Only one stretch of the data is wanted: the line containing "(linux_image_magic1, is 0x00000056)", the line containing "Bench D) where", and every line between them, copied exactly.

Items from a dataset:
-*-*-

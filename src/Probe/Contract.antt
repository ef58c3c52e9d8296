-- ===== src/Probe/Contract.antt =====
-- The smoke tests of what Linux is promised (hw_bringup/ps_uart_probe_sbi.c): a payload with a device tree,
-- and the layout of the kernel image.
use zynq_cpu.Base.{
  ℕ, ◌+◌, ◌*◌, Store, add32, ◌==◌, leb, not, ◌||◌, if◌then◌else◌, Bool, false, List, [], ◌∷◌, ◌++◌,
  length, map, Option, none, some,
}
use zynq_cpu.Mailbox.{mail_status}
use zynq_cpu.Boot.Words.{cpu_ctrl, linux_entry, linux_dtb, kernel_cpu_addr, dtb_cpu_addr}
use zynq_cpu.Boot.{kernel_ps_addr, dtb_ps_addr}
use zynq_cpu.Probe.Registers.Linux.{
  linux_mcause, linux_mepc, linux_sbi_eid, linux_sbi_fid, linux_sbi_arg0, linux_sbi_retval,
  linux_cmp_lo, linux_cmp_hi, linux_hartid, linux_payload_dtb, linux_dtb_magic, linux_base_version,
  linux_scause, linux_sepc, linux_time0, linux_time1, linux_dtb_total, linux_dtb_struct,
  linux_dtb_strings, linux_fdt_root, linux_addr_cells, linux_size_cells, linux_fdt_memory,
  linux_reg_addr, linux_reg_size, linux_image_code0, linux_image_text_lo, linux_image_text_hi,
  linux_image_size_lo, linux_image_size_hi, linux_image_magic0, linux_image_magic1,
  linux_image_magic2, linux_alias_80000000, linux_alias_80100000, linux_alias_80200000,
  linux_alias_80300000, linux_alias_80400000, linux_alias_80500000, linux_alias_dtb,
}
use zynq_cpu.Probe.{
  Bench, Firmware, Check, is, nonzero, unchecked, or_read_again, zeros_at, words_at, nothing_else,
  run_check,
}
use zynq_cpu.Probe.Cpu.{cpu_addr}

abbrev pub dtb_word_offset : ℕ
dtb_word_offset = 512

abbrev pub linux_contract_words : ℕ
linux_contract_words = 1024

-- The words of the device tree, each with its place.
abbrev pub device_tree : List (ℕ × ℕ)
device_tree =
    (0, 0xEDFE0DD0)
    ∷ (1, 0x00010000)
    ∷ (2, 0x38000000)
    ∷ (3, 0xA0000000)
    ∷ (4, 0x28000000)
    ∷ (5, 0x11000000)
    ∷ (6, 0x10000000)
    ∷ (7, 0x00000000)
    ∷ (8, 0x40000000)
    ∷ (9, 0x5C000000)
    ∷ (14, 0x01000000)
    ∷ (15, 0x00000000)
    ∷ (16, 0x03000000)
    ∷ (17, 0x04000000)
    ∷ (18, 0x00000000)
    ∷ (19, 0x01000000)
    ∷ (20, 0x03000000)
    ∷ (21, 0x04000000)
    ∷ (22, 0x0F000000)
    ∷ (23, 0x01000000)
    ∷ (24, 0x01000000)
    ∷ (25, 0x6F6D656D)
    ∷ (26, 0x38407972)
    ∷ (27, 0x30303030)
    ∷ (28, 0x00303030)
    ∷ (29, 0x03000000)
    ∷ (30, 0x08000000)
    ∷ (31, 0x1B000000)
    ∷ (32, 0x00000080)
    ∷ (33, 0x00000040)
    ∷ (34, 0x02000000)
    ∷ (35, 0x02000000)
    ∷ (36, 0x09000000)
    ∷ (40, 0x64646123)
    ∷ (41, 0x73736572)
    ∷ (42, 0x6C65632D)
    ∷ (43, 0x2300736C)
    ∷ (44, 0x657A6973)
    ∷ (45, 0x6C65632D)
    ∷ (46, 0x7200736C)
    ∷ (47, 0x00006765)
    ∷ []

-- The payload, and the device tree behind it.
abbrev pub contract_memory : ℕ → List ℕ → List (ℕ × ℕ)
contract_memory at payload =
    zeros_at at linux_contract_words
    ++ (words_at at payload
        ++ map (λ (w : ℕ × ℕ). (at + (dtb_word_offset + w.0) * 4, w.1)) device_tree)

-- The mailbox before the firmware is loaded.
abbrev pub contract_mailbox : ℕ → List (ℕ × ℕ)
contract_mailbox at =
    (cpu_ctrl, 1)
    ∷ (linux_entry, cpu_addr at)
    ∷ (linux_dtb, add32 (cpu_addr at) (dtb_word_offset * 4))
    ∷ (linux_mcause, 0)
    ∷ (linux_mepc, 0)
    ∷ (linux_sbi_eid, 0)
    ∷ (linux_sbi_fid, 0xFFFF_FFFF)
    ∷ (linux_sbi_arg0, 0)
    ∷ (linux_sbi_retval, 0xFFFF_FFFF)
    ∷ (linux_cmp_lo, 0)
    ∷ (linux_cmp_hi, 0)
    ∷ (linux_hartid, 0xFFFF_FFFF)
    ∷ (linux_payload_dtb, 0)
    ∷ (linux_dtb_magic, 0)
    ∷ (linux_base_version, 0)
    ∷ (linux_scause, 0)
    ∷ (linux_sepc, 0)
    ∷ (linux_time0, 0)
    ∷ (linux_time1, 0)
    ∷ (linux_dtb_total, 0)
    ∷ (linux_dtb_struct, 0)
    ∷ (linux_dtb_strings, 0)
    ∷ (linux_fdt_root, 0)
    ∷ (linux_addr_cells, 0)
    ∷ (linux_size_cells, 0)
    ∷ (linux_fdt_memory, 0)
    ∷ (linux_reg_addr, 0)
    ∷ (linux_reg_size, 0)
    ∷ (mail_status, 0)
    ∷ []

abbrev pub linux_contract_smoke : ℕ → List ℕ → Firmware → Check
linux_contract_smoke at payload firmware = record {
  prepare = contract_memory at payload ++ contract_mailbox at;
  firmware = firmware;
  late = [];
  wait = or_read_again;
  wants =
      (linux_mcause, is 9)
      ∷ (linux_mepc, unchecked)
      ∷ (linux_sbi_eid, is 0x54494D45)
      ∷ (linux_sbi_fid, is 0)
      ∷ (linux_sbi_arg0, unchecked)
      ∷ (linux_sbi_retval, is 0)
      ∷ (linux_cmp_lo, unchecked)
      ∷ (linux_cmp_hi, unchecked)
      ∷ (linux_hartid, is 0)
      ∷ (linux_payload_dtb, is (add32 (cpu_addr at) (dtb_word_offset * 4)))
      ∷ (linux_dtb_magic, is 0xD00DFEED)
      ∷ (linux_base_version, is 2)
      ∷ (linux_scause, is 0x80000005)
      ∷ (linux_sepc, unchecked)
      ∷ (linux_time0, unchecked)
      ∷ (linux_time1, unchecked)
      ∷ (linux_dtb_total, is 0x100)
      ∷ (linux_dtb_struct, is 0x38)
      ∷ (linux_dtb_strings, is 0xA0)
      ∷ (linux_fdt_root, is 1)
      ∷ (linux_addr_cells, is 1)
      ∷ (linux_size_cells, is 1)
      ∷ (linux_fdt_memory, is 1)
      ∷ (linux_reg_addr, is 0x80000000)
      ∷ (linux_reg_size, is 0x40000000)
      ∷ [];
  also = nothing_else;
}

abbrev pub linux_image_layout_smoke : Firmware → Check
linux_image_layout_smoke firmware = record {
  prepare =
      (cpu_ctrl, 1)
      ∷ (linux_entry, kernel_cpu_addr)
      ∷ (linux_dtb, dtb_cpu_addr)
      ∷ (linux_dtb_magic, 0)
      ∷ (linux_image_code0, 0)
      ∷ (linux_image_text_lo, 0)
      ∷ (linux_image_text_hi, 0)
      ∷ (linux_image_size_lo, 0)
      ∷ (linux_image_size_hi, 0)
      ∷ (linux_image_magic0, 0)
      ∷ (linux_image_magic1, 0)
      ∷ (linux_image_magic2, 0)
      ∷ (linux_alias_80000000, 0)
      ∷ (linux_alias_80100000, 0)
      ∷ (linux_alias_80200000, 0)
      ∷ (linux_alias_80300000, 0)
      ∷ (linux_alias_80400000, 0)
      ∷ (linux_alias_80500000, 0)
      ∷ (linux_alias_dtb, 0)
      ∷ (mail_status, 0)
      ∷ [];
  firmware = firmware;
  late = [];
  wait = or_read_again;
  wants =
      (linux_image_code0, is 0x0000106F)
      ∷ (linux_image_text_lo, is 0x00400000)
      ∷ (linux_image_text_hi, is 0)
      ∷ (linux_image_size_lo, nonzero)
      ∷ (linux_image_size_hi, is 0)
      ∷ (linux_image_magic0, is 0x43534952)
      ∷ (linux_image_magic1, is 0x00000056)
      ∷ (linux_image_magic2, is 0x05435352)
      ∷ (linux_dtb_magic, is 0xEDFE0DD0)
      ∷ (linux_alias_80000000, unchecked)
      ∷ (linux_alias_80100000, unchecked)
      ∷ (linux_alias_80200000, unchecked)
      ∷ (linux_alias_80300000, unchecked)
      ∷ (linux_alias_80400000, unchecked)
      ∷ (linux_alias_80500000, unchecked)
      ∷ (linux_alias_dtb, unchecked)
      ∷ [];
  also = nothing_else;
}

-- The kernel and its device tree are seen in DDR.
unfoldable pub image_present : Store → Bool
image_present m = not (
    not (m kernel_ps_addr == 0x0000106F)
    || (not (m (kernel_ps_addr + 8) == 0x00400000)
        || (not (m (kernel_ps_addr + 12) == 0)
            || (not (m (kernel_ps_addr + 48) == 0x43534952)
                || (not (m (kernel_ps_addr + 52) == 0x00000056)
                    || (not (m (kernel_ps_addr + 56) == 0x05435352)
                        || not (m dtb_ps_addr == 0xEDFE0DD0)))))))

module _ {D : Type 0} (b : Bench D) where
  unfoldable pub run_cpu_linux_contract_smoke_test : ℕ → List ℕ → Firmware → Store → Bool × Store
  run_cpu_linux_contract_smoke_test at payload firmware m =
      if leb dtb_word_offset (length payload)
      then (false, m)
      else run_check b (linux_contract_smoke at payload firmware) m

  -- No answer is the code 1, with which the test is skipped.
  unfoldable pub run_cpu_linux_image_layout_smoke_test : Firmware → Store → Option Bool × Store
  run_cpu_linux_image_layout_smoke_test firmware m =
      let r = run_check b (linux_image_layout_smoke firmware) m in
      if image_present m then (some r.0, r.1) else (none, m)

-*-*-

● ANSWER BOX
      ∷ (linux_image_magic1, is 0x00000056)
      ∷ (linux_image_magic2, is 0x05435352)
      ∷ (linux_dtb_magic, is 0xEDFE0DD0)
      ∷ (linux_alias_80000000, unchecked)
      ∷ (linux_alias_80100000, unchecked)
      ∷ (linux_alias_80200000, unchecked)
      ∷ (linux_alias_80300000, unchecked)
      ∷ (linux_alias_80400000, unchecked)
      ∷ (linux_alias_80500000, unchecked)
      ∷ (linux_alias_dtb, unchecked)
      ∷ [];
  also = nothing_else;
}

-- The kernel and its device tree are seen in DDR.
unfoldable pub image_present : Store → Bool
image_present m = not (
    not (m kernel_ps_addr == 0x0000106F)
    || (not (m (kernel_ps_addr + 8) == 0x00400000)
        || (not (m (kernel_ps_addr + 12) == 0)
            || (not (m (kernel_ps_addr + 48) == 0x43534952)
                || (not (m (kernel_ps_addr + 52) == 0x00000056)
                    || (not (m (kernel_ps_addr + 56) == 0x05435352)
                        || not (m dtb_ps_addr == 0xEDFE0DD0)))))))

module _ {D : Type 0} (b : Bench D) where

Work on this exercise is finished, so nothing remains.